Half of sports grants ‘ineligible’
Almost half of the sports groups funded under the Coalition's $100 million sports grants program were ineligible, a Senate inquiry has heard.
The probe also heard there was no legal obligation to document the reasons particular projects were chosen.
Auditor-General Grant Hehir gave evidence on Thursday on the first day of public hearings of an inquiry into the so-called sports rorts affair, which led to the resignation of former sports minister Bridget McKenzie.
Brian Boyd, from the audit office, revealed 43 per cent of applications that received funding were ineligible.
He said those projects were initially assessed by Sport Australia as eligible, but circumstances changed by the time the funding was signed off on.
Prime Minister Scott Morrison has previously claimed there were no ineligible projects funded.

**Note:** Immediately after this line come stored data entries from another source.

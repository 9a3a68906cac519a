-- ===== src/Arrays/Words.antt =====
-- The 64-bit part of an array, behind a head of fewer numbers than a word holds.
use rd_rand.Prelude.{
  ℕ, ◌+◌, ◌*◌, ◌^◌, ◌≤◌, ◌<◌, ◌≡◌, refl, sym, subst, ap, ◌∙◌, List, [], ◌++◌, arith, length,
  length-append, pos,
}
use rd_rand.Cpu.{Cpu, Build}
use rd_rand.Retry.{Fetch, effective_limit, rdrand_get_uint64_retry}
use rd_rand.Memory.{Machine, store_bytes, words}
use rd_rand.Memory.Store.{store_bytes-append, length-words}
use rd_rand.Arrays.{u32, fill_words, rdrand_get_uint64_array_retry}
use rd_rand.Arrays.Drawn.{drawn, drawn_ticks, wrote, length-drawn-le, uint64_array-drawn}

-- The result `r` of a function that was called on machine `m`: it stored `r.0` items of `unit` bytes
-- from `dest` on, at most `count` of them, and changed no other byte.
pub record Fills (unit dest count : ℕ) (m : Machine) (r : ℕ × Machine) : Type 0 where
  pub bytes : List ℕ
  pub ticks : ℕ
  pub stores : r.1 ≡ wrote m dest bytes ticks
  pub sized : length bytes ≡ unit * r.0
  pub bounded : r.0 ≤ count

module _ (unit per_word generated length_64 count_64 count : ℕ) (words8 : unit * per_word ≡ 8)
    (total : generated + per_word * count_64 ≡ count) (below : length_64 ≤ count_64)
    (small : count < 2 ^ 32) where
  total_bounded : generated + per_word * length_64 ≤ count
  total_bounded = let le : per_word * length_64 ≤ per_word * count_64 = grind arith in omega arith

  -- The counters do not wrap.
  total_u32 : u32 (generated + u32 (per_word * length_64)) ≡ generated + per_word * length_64
  total_u32 = omega (arith, total_bounded)

  total_bytes : unit * (generated + per_word * length_64) ≡ unit * generated + 8 * length_64
  total_bytes = omega (arith, ap (λ (k : ℕ). k * length_64) words8)

module _ (build : Build) (cpu : Cpu) where
  -- The 64-bit part of an array, after a head of `generated` items.
  pub fill_words-Fills :
      (unit per_word generated dest count_64 limit t count : ℕ) (head : List ℕ) (m : Machine)
      → unit * per_word ≡ 8
      → length head ≡ unit * generated
      → generated + per_word * count_64 ≡ count
      → count < 2 ^ 32
      → Fills unit dest count m (
          fill_words build cpu per_word generated
            (dest + length head)
            count_64
            limit
            (wrote m dest head t))
  unfolding fill_words
  fill_words-Fills unit per_word generated dest count_64 limit t count head m words8 headed total
        small =
      record {
        bytes = head ++ words ds;
        ticks = _;
        stores =
            ap (λ p. p.1) run
            ∙ ap (λ mem. record m { ticks = drawn_ticks next count_64 t; mem = mem })
                (sym (store_bytes-append m.mem dest head (words ds)));
        sized = bytes_sized ∙ ap (λ n. unit * n) (sym counted);
        bounded = subst (λ n. n ≤ count) (sym counted) bound;
      }
    where
      next : ℕ → Fetch
      next = rdrand_get_uint64_retry build cpu (pos (effective_limit (pos limit)))

      ds : List ℕ
      ds = drawn next count_64 t

      run :
          rdrand_get_uint64_array_retry build cpu
            (dest + length head)
            count_64
            (pos limit)
            (wrote m dest head t)
          ≡ (
            length ds,
            wrote
                (wrote m dest head t)
                (dest + length head)
                (words ds)
                (drawn_ticks next count_64 t),
          )
      run =
          uint64_array-drawn build cpu (dest + length head) count_64 (pos limit)
            (wrote m dest head t)

      counted :
          (fill_words build cpu per_word generated
            (dest + length head)
            count_64
            limit
            (wrote m dest head t)).0
          ≡ generated + per_word * length ds
      counted =
          ap (λ p. u32 (generated + u32 (per_word * p.0))) run
          ∙ total_u32 unit per_word generated (length ds) count_64 count words8 total
              (length-drawn-le next count_64 t) small

      bound : generated + per_word * length ds ≤ count
      bound =
          total_bounded unit per_word generated (length ds) count_64 count words8 total
            (length-drawn-le next count_64 t) small

      bytes_sized : length (head ++ words ds) ≡ unit * (generated + per_word * length ds)
      bytes_sized = omega (
        arith,
        length-append head (words ds),
        length-words ds,
        total_bytes unit per_word generated (length ds) count_64 count words8 total
            (length-drawn-le next count_64 t) small,
      )

  -- The same, for a function that has no head to fetch, or one whose head succeeded or failed.
  pub no_head-Fills :
      (unit per_word dest count_64 limit count : ℕ) (m : Machine)
      → unit * per_word ≡ 8
      → per_word * count_64 ≡ count
      → count < 2 ^ 32
      → Fills unit dest count m (fill_words build cpu per_word 0 dest count_64 limit m)
  no_head-Fills unit per_word dest count_64 limit count m words8 total small =
      let z : dest + 0 ≡ dest = omega arith in
      subst (λ d. Fills unit dest count m (fill_words build cpu per_word 0 d count_64 limit m)) z
        (unfold store_bytes in
          fill_words-Fills unit per_word 0 dest count_64 limit m.ticks count [] m words8
            (omega arith) (omega arith) small)

  pub head-Fills :
      (unit per_word generated dest dest_64 count_64 limit t count : ℕ) (head : List ℕ)
      (m : Machine)
      → dest_64 ≡ dest + length head
      → unit * per_word ≡ 8
      → length head ≡ unit * generated
      → generated + per_word * count_64 ≡ count
      → count < 2 ^ 32
      → Fills unit dest count m
          (fill_words build cpu per_word generated dest_64 count_64 limit (wrote m dest head t))
  head-Fills unit per_word generated dest dest_64 count_64 limit t count head m place words8 headed
        total small =
      rw place (
        fill_words-Fills unit per_word generated dest count_64 limit t count head m words8 headed
          total small)

  pub failed-Fills :
      (unit dest count t : ℕ) (m : Machine) → Fills unit dest count m (0, record m { ticks = t })
  failed-Fills unit dest count t m = record {
    bytes = [];
    ticks = t;
    stores = unfold store_bytes in refl;
    sized = omega arith;
    bounded = omega arith;
  }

Mr Hehir told the inquiry it was clear the final decision on where the funds were directed was made by Senator McKenzie.
"We concluded the award of grant funding under the Community Sports Infrastructure Program was not informed by an appropriate assessment process and sound advice," Mr Hehir told the inquiry.
He said the parallel process run by Senator McKenzie's office alongside that of the government agency Sports Australia "was not informed by clear advice and were not consistent with the program guidelines".
"It is poor practice for entities to be instructed what their advice should recommend rather than providing their own recommendations that are developed through an evidence-based approach," he said.
"Potential applicants and other stakeholders have a right to expect program funding decisions will be made in a manner and on a basis consistent with published program guidelines."
The audit report found blatant political pork-barrelling in the program, with grants awarded by the Morrison government based on colour-coded electoral margins.
Mr Morrison had the head of his department - his former chief of staff - conduct a separate review that supposedly absolved the government of any wrongdoing.
Philip Gaetjens' report has not been released but according to Mr Morrison it found "no basis for the suggestion that political considerations were the primary determining factor".
The committee also wants to hear from Mr Gaetjens to explain how he reached his conclusion.
It investigate the roles of the offices of the prime minister and deputy prime minister, as well any external parties, in determining the distribution of grants.